Task objective:
Every entry has to be restated word for word.

Records supplied:

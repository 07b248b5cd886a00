-- ===== src/Services/UserService/Laws.antt =====
-- services/UserService.cc: what reaches the database, for every body and every outcome of the query.
use drogon_api_starter.Prelude.{◌≡◌, refl, ◌∙◌, ◌⊎◌, inl, inr, String, true, Bool-cases}
use drogon_api_starter.Result.{Exception, invalid_argument, Result, ok, err}
use drogon_api_starter.Action.{done, continue}
use drogon_api_starter.Json.{Laws}
use drogon_api_starter.Platform.{Platform, Moment}
use drogon_api_starter.Models.Column.{unset, set_value}
use drogon_api_starter.Models.Users.{Users}
use drogon_api_starter.Services.Input.{string_at, HasText, text_at-eq, string_at-cases}
use drogon_api_starter.Services.UserService.{validate_user_input, create_user, update_user}

module _ (P : Platform) where
  -- The body is an object with these texts.
  abbrev pub IsUserInput : P.json.Value → String → String → String → String → Type 0
  IsUserInput input first_name last_name email password =
      (P.json.is_object input ≡ true)
      × HasText P.json input "first_name" first_name
      × HasText P.json input "last_name" last_name
      × HasText P.json input "email" email
      × HasText P.json input "password" password

  -- The body is no object, or one of the four is no string in it.
  abbrev pub LacksInput : P.json.Value → Type 0
  LacksInput input =
      (first_name last_name email password : String)
      → IsUserInput input first_name last_name email password
      → ⊥

  abbrev refusal : Exception
  refusal = invalid_argument "Request body must contain first_name, last_name, email and password"

  -- A new row with these columns set, the other ones without a value and their flags off.
  abbrev pub inserted_row : Moment P → String → String → String → String → Users P.Date
  inserted_row moment first_name last_name email password = record {
    id = unset;
    first_name = set_value first_name;
    last_name = set_value last_name;
    email = set_value email;
    password = set_value (P.generate_hash moment.salt password);
    is_deleted = set_value true;
    created_at = set_value moment.now;
    updated_at = set_value moment.now;
    deleted_at = unset;
  }

  abbrev pub changed_row : Moment P → String → String → String → String → String → Users P.Date
  changed_row moment id first_name last_name email password = record {
    id = set_value id;
    first_name = set_value first_name;
    last_name = set_value last_name;
    email = set_value email;
    password = set_value (P.generate_hash moment.salt password);
    is_deleted = unset;
    created_at = unset;
    updated_at = set_value moment.now;
    deleted_at = unset;
  }

  module _ (laws : Laws P.json) (input : P.json.Value) where
    -- The body's texts with its validation, or what is missing with the validation's exception.
    abbrev Validated : Type 0
    Validated =
        ((first_name : String) × (last_name : String) × (email : String) × (password : String)
          × IsUserInput input first_name last_name email password
          × (validate_user_input P input ≡ ok tt))
        ⊎ (LacksInput input × (validate_user_input P input ≡ err refusal))

    -- The tests of the members, with those that follow.
    abbrev test : String → Result (Unit {0}) → Result (Unit {0})
    test key rest = string_at P.json refusal input key rest

    validate-cases : Validated
    unfolding validate_user_input
    validate-cases = elim (Bool-cases (P.json.is_object input)) [
      | inr e ↦ inr (λ f l m p (object, _, _, _, _). cc, rw e refl)
      | inl e ↦
          elim (string_at-cases P.json laws input e refusal "first_name"
            (test "last_name" (test "email" (test "password" (ok tt))))) [
              | inr (not0, no0) ↦ inr (λ f l m p (_, has, _, _, _). not0 f has, rw e no0)
              | inl (first_name, has0, yes0) ↦
                  elim (string_at-cases P.json laws input e refusal "last_name"
                    (test "email" (test "password" (ok tt)))) [
                      | inr (not1, no1) ↦
                          inr (λ f l m p (_, _, has, _, _). not1 l has, rw e (yes0 ∙ no1))
                      | inl (last_name, has1, yes1) ↦
                          elim (string_at-cases P.json laws input e refusal "email"
                            (test "password" (ok tt))) [
                              | inr (not2, no2) ↦ inr (
                                λ f l m p (_, _, _, has, _). not2 m has,
                                rw e (yes0 ∙ yes1 ∙ no2),
                              )
                              | inl (email, has2, yes2) ↦
                                  elim (string_at-cases P.json laws input e refusal "password"
                                    (ok tt)) [
                                      | inr (not3, no3) ↦ inr (
                                        λ f l m p (_, _, _, _, has). not3 p has,
                                        rw e (yes0 ∙ yes1 ∙ yes2 ∙ no3),
                                      )
                                      | inl (password, has3, yes3) ↦ inl (
                                        first_name,
                                        last_name,
                                        email,
                                        password,
                                        (e, has0, has1, has2, has3),
                                        rw e (yes0 ∙ yes1 ∙ yes2 ∙ yes3),
                                      )
                                    ]
                            ]
                    ]
            ]
    ]

    -- createUser of services/UserService.cc, for a body that is an object with the four texts,
    -- inserts one row, with the texts, the hash of the password in its place, is_deleted true and
    -- the two dates of now, and gives what the insert gives; for every other body it throws
    -- invalid_argument with the database left alone.
    pub create_user-cases :
        (moment : Moment P) (db : P.Db)
        → ((first_name : String) × (last_name : String) × (email : String) × (password : String)
            × IsUserInput input first_name last_name email password
            × (create_user P moment input db
                ≡ P.users.insert (inserted_row moment first_name last_name email password) db))
          ⊎ (LacksInput input × (create_user P moment input db ≡ (err refusal, db)))
    unfolding create_user
    create_user-cases moment db = elim validate-cases [
      | inl (first_name, last_name, email, password, (object, has0, has1, has2, has3), valid) ↦
          inl (
            first_name,
            last_name,
            email,
            password,
            (object, has0, has1, has2, has3),
            rw
                (
                  valid,
                  text_at-eq P.json input "first_name" first_name has0,
                  text_at-eq P.json input "last_name" last_name has1,
                  text_at-eq P.json input "email" email has2,
                  text_at-eq P.json input "password" password has3,
                )
                refl,
          )
      | inr (lacks, e) ↦ inr (lacks, rw e refl)
    ]

    -- updateUser of services/UserService.cc, for a body that is an object with the four texts,
    -- updates one row under the id of the request, with the texts, the hash of the password and the
    -- date of now, and gives that row whatever the number of rows that the update touched, or
    -- throws what the update throws; for every other body it throws invalid_argument with the
    -- database left alone.
    pub update_user-cases :
        (moment : Moment P) (id : String) (db : P.Db)
        → ((first_name : String) × (last_name : String) × (email : String) × (password : String)
            × IsUserInput input first_name last_name email password
            × (update_user P moment id input db
                ≡ continue
                    (λ touched. done (changed_row moment id first_name last_name email password))
                    (P.users.update
                      (changed_row moment id first_name last_name email password)
                      db)))
          ⊎ (LacksInput input × (update_user P moment id input db ≡ (err refusal, db)))
    unfolding update_user
    update_user-cases moment id db = elim validate-cases [
      | inl (first_name, last_name, email, password, (object, has0, has1, has2, has3), valid) ↦
          inl (
            first_name,
            last_name,
            email,
            password,
            (object, has0, has1, has2, has3),
            rw
                (
                  valid,
                  text_at-eq P.json input "first_name" first_name has0,
                  text_at-eq P.json input "last_name" last_name has1,
                  text_at-eq P.json input "email" email has2,
                  text_at-eq P.json input "password" password has3,
                )
                refl,
          )
      | inr (lacks, e) ↦ inr (lacks, rw e refl)
    ]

Answer area:
repository 07b248b5cd886a00
-- ===== src/Services/UserService/Laws.antt =====
-- services/UserService.cc: what reaches the database, for every body and every outcome of the query.
use drogon_api_starter.Prelude.{◌≡◌, refl, ◌∙◌, ◌⊎◌, inl, inr, String, true, Bool-cases}
use drogon_api_starter.Result.{Exception, invalid_argument, Result, ok, err}
use drogon_api_starter.Action.{done, continue}
use drogon_api_starter.Json.{Laws}
use drogon_api_starter.Platform.{Platform, Moment}
use drogon_api_starter.Models.Column.{unset, set_value}
use drogon_api_starter.Models.Users.{Users}
use drogon_api_starter.Services.Input.{string_at, HasText, text_at-eq, string_at-cases}
use drogon_api_starter.Services.UserService.{validate_user_input, create_user, update_user}

module _ (P : Platform) where
  -- The body is an object with these texts.
  abbrev pub IsUserInput : P.json.Value → String → String → String → String → Type 0
  IsUserInput input first_name last_name email password =
      (P.json.is_object input ≡ true)
      × HasText P.json input "first_name" first_name
      × HasText P.json input "last_name" last_name
      × HasText P.json input "email" email
      × HasText P.json input "password" password

  -- The body is no object, or one of the four is no string in it.
  abbrev pub LacksInput : P.json.Value → Type 0
  LacksInput input =
      (first_name last_name email password : String)
      → IsUserInput input first_name last_name email password
      → ⊥

  abbrev refusal : Exception
  refusal = invalid_argument "Request body must contain first_name, last_name, email and password"

  -- A new row with these columns set, the other ones without a value and their flags off.
  abbrev pub inserted_row : Moment P → String → String → String → String → Users P.Date
  inserted_row moment first_name last_name email password = record {
    id = unset;
    first_name = set_value first_name;
    last_name = set_value last_name;
    email = set_value email;
    password = set_value (P.generate_hash moment.salt password);
    is_deleted = set_value true;
    created_at = set_value moment.now;
    updated_at = set_value moment.now;
    deleted_at = unset;
  }

  abbrev pub changed_row : Moment P → String → String → String → String → String → Users P.Date
  changed_row moment id first_name last_name email password = record {
    id = set_value id;
    first_name = set_value first_name;
    last_name = set_value last_name;
    email = set_value email;
    password = set_value (P.generate_hash moment.salt password);
    is_deleted = unset;
    created_at = unset;
    updated_at = set_value moment.now;
    deleted_at = unset;
  }

  module _ (laws : Laws P.json) (input : P.json.Value) where
    -- The body's texts with its validation, or what is missing with the validation's exception.
    abbrev Validated : Type 0
    Validated =
        ((first_name : String) × (last_name : String) × (email : String) × (password : String)
          × IsUserInput input first_name last_name email password
          × (validate_user_input P input ≡ ok tt))
        ⊎ (LacksInput input × (validate_user_input P input ≡ err refusal))

    -- The tests of the members, with those that follow.
    abbrev test : String → Result (Unit {0}) → Result (Unit {0})
    test key rest = string_at P.json refusal input key rest

    validate-cases : Validated
    unfolding validate_user_input
    validate-cases = elim (Bool-cases (P.json.is_object input)) [
      | inr e ↦ inr (λ f l m p (object, _, _, _, _). cc, rw e refl)
      | inl e ↦
          elim (string_at-cases P.json laws input e refusal "first_name"
            (test "last_name" (test "email" (test "password" (ok tt))))) [
              | inr (not0, no0) ↦ inr (λ f l m p (_, has, _, _, _). not0 f has, rw e no0)
              | inl (first_name, has0, yes0) ↦
                  elim (string_at-cases P.json laws input e refusal "last_name"
                    (test "email" (test "password" (ok tt)))) [
                      | inr (not1, no1) ↦
                          inr (λ f l m p (_, _, has, _, _). not1 l has, rw e (yes0 ∙ no1))
                      | inl (last_name, has1, yes1) ↦
                          elim (string_at-cases P.json laws input e refusal "email"
                            (test "password" (ok tt))) [
                              | inr (not2, no2) ↦ inr (
                                λ f l m p (_, _, _, has, _). not2 m has,
                                rw e (yes0 ∙ yes1 ∙ no2),
                              )
                              | inl (email, has2, yes2) ↦
                                  elim (string_at-cases P.json laws input e refusal "password"
                                    (ok tt)) [
                                      | inr (not3, no3) ↦ inr (
                                        λ f l m p (_, _, _, _, has). not3 p has,
                                        rw e (yes0 ∙ yes1 ∙ yes2 ∙ no3),
                                      )
                                      | inl (password, has3, yes3) ↦ inl (
                                        first_name,
                                        last_name,
                                        email,
                                        password,
                                        (e, has0, has1, has2, has3),
                                        rw e (yes0 ∙ yes1 ∙ yes2 ∙ yes3),
                                      )
                                    ]
                            ]
                    ]
            ]
    ]

    -- createUser of services/UserService.cc, for a body that is an object with the four texts,
    -- inserts one row, with the texts, the hash of the password in its place, is_deleted true and
    -- the two dates of now, and gives what the insert gives; for every other body it throws
    -- invalid_argument with the database left alone.
    pub create_user-cases :
        (moment : Moment P) (db : P.Db)
        → ((first_name : String) × (last_name : String) × (email : String) × (password : String)
            × IsUserInput input first_name last_name email password
            × (create_user P moment input db
                ≡ P.users.insert (inserted_row moment first_name last_name email password) db))
          ⊎ (LacksInput input × (create_user P moment input db ≡ (err refusal, db)))
    unfolding create_user
    create_user-cases moment db = elim validate-cases [
      | inl (first_name, last_name, email, password, (object, has0, has1, has2, has3), valid) ↦
          inl (
            first_name,
            last_name,
            email,
            password,
            (object, has0, has1, has2, has3),
            rw
                (
                  valid,
                  text_at-eq P.json input "first_name" first_name has0,
                  text_at-eq P.json input "last_name" last_name has1,
                  text_at-eq P.json input "email" email has2,
                  text_at-eq P.json input "password" password has3,
                )
                refl,
          )
      | inr (lacks, e) ↦ inr (lacks, rw e refl)
    ]

    -- updateUser of services/UserService.cc, for a body that is an object with the four texts,
    -- updates one row under the id of the request, with the texts, the hash of the password and the
    -- date of now, and gives that row whatever the number of rows that the update touched, or
    -- throws what the update throws; for every other body it throws invalid_argument with the
    -- database left alone.
    pub update_user-cases :
        (moment : Moment P) (id : String) (db : P.Db)
        → ((first_name : String) × (last_name : String) × (email : String) × (password : String)
            × IsUserInput input first_name last_name email password
            × (update_user P moment id input db
                ≡ continue
                    (λ touched. done (changed_row moment id first_name last_name email password))
                    (P.users.update
                      (changed_row moment id first_name last_name email password)
                      db)))
          ⊎ (LacksInput input × (update_user P moment id input db ≡ (err refusal, db)))
    unfolding update_user
    update_user-cases moment id db = elim validate-cases [
      | inl (first_name, last_name, email, password, (object, has0, has1, has2, has3), valid) ↦
          inl (
            first_name,
            last_name,
            email,
            password,
            (object, has0, has1, has2, has3),
            rw
                (
                  valid,
                  text_at-eq P.json input "first_name" first_name has0,
                  text_at-eq P.json input "last_name" last_name has1,
                  text_at-eq P.json input "email" email has2,
                  text_at-eq P.json input "password" password has3,
                )
                refl,
          )
      | inr (lacks, e) ↦ inr (lacks, rw e refl)
    ]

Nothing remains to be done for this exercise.